DOUBT OF SUPPORT, DIMINISHED CRISIS CURTAIL MILITARY TRAINING PROGRAM
Lectures Slated To Feel Sentiment; Opening of Two Courses Likely
Because of the lack of any substantial interest, the program of military training to be presented by the College will be much smaller than at first envisioned.
The drill corps has been virtually dropped from the scheme under consideration, since a spontaneous demand for it is lacking. The extent of the lecture program and special courses is conditioned on the response the first experimental offerings receive.
Both the Student Council and the Faculty Committee on Military Training feel impelled to move with caution, not knowing the sentiment of the student body. Even since the beginning of the year it has become less urgent.
The stabilization of the conflict in Europe raises a question as to the necessity of special training. "Although it will make the draftees better soldiers, is it worth while when they aren't going to be used for four or five years?" those formulating the program are asking themselves.
The only step that has been definitely taken is the recommendation of the Faculty committee that the Mathematics Department offer a course in trigonometry to meet the needs of those taking the flying course, and the recommendation that the Business School course in Procurement be opened to students in the University.
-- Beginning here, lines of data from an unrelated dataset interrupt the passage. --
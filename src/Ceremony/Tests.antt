-- ===== src/Ceremony/Tests.antt =====
-- Runs of the ceremony, and the theorems at them.
use asteria.Base.{subst, length, ◌<◌, u64_bound, ◌≡◌, refl, [], ◌∷◌, some, arith, lookup, insert}
use asteria.Base.Result.{ok, ok-inj}
use asteria.Base.Action.{◌>>=◌, get, lift, pure, fail, choose}
use asteria.Ceremony.Types.{Phase}
use asteria.Ceremony.Journal.{memory_journal, get_entry}
use asteria.Ceremony.Rounds.{start, recover}
use asteria.Ceremony.Evidence.{HasEvidence}
use asteria.Ceremony.Keeps.{State, InSync}
use asteria.Ceremony.FirstRound.{begin_round1, accept_round1_certificate}
use asteria.Ceremony.SecondRound.{advance_round2, accept_round2}
use asteria.Ceremony.Closing.{enter_finalize, finalize}
use asteria.Ceremony.Calls.{
  to_begin, to_certify, to_advance, to_receive, to_finalize, to_abort, perform, perform-Kept,
}
use asteria.Ceremony.Memory.{IsCanonical, memory_view, memory_journal-JournalContract}
use asteria.Ceremony.SampleCodec.{sample_codec, sample_codec_laws}
use asteria.Ceremony.Contract.{JournalContract}
use asteria.Ceremony.Canonical.{Storable}
use asteria.Ceremony.Life.{
  Life, Life-Kept, now_, called, recovered, interrupted, Life-durable, Life-Continues,
  Life-terminal,
}
use asteria.Ceremony.History.{Continues}
use asteria.Ceremony.Recovery.{start-InSync, Recovered}
use asteria.Ceremony.Peers.{FitsMemory, SamePeers, recover-continues}
use asteria.Ceremony.Sample.{
  sample, sample_session, sample_deadlines, sample_transport, sample_provider, sample_registry,
  begun,
}

start-begun :
    start sample_transport
      (memory_journal sample_codec)
      sample_provider
      []
      0
      sample_registry
      sample_session
      sample_deadlines
      (1 ∷ [])
      7
    ≡ (begun.journal, ok begun)
unfolding start memory_journal sample_codec begun ◌>>=◌ lift
start-begun = refl

nothing_stored : IsCanonical sample_codec sample_codec_laws []
unfolding get_entry
nothing_stored key bytes e = absurd cc

begun-InSync : InSync sample begun
begun-InSync =
    start-InSync sample [] 0 sample_registry sample_session sample_deadlines (1 ∷ []) 7
      begun.journal begun nothing_stored start-begun

-- Round one: a message of one's own, and the certificates of all four.
unfoldable in_round1 : State sample
in_round1 = perform sample (to_begin 5) begun

unfoldable certified : State sample
certified = perform sample (to_certify (4, (0, 44)) 9) (
    perform sample (to_certify (3, (0, 33)) 8) (
      perform sample (to_certify (2, (0, 22)) 7)
        (perform sample (to_certify (1, (0, 11)) 6) in_round1)))

unfoldable received : State sample
received = perform sample (to_receive (4, (1, 41)) 113) (
    perform sample (to_receive (3, (1, 31)) 112)
      (perform sample (to_receive (2, (1, 21)) 111) (perform sample (to_advance 99) certified)))

-- The intent to finalize is stored first.
unfoldable intended : State sample
intended =
    (enter_finalize sample_transport (memory_journal sample_codec) sample_provider received).0

unfoldable finished : State sample
finished = perform sample (to_finalize 150) intended

in_round1-InSync : InSync sample in_round1
unfolding in_round1
in_round1-InSync = (perform-Kept sample (to_begin 5) begun begun-InSync).in_sync

finished-phase : finished.record_.phase ≡ Phase.completed
unfolding finished intended received certified in_round1 begun perform memory_journal sample_codec
    finalize enter_finalize accept_round2 advance_round2 accept_round1_certificate begin_round1
    lookup insert ◌>>=◌ get lift pure fail choose
finished-phase = refl

-- A coordinator that was started, and its life to the end; the first part of it is a crash.
restarted :
    recover sample_transport
      (memory_journal sample_codec)
      sample_provider
      in_round1.journal
      1
      sample_registry
      in_round1.record_.session.ceremony_id
      (1 ∷ [])
      7
    ≡ (1, ok in_round1)
unfolding recover in_round1 begun perform memory_journal sample_codec begin_round1 get_entry ◌>>=◌
    get lift pure fail choose
restarted = refl

sample-Life : Life sample begun finished
unfolding finished intended received certified in_round1
sample-Life = called (to_begin 5) (
    recovered {self = perform sample (to_begin 5) begun} {next = perform sample (to_begin 5) begun}
      1 1 sample_registry (1 ∷ []) 7 restarted
      (called (to_certify (1, (0, 11)) 6) (
        called (to_certify (2, (0, 22)) 7) (
          called (to_certify (3, (0, 33)) 8) (
            called (to_certify (4, (0, 44)) 9) (
              called (to_advance 99) (
                called (to_receive (2, (1, 21)) 111) (
                  called (to_receive (3, (1, 31)) 112) (
                    called (to_receive (4, (1, 41)) 113)
                      (interrupted (called (to_finalize 150) now_)))))))))))

Life-durable_example :
    ((memory_journal sample_codec).load finished.journal finished.record_.session.ceremony_id
      ≡ ok (some finished.record_))
    × HasEvidence sample_transport finished.record_
Life-durable_example =
    Life-durable sample [] 0 sample_registry sample_session sample_deadlines (1 ∷ []) 7
      begun.journal begun finished nothing_stored start-begun sample-Life

Life-Continues_example : Continues begun.record_ finished.record_
Life-Continues_example = Life-Continues sample begun finished begun-InSync sample-Life

finished-InSync : InSync sample finished
finished-InSync = (Life-Kept sample sample-Life begun-InSync).in_sync

-- A life goes on after the end, and nothing changes.
afterwards :
    Life sample finished (perform sample (to_abort 260) (perform sample (to_begin 255) finished))
afterwards = called (to_begin 255) (called (to_abort 260) now_)

Life-terminal_example :
    (perform sample (to_abort 260) (perform sample (to_begin 255) finished)).record_
    ≡ finished.record_
unfolding finished intended received certified in_round1 begun perform memory_journal sample_codec
    finalize enter_finalize accept_round2 advance_round2 accept_round1_certificate begin_round1
    lookup insert ◌>>=◌ get lift pure fail choose
Life-terminal_example =
    Life-terminal sample finished
      (perform sample (to_abort 260) (perform sample (to_begin 255) finished)) finished-InSync refl
      afterwards

sample-FitsMemory : FitsMemory sample_transport
sample-FitsMemory peer code e = subst (λ c. length c < u64_bound) (ok-inj e) (omega arith)

recover-continues_example :
    Recovered sample in_round1 in_round1 (1 ∷ []) 7
    × SamePeers sample_transport in_round1.registry in_round1.registry
recover-continues_example =
    recover-continues sample in_round1 in_round1 1 1 sample_registry (1 ∷ []) 7 sample-FitsMemory
      in_round1-InSync restarted

memory_journal-JournalContract_example :
    JournalContract
      (memory_journal sample_codec)
      (IsCanonical sample_codec sample_codec_laws)
      (memory_view sample_codec sample_codec_laws)
      (Storable sample_codec sample_codec_laws)
memory_journal-JournalContract_example =
    memory_journal-JournalContract sample_codec sample_codec_laws

-- The second validator, once more and with another message.
unfoldable one_certified : State sample
unfolding in_round1
one_certified = perform sample (to_certify (2, (0, 22)) 7) in_round1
What will probably happen is that a preliminary series of sox lectures will be given, possibly during December, to determine how widespread interest is These lectures will deal with the branches of the army and the type of service required in each. An attempt will be made to sign up those who would attend a longer series during the winter and it the number is sufficient the course will go on.
The whole program, however, needs a driving force from the student body to put it over. Neither the Student Council nor the Faculty committee is willing to risk action which might give form to that force. Until they do, it is likely that the project will remain stymied.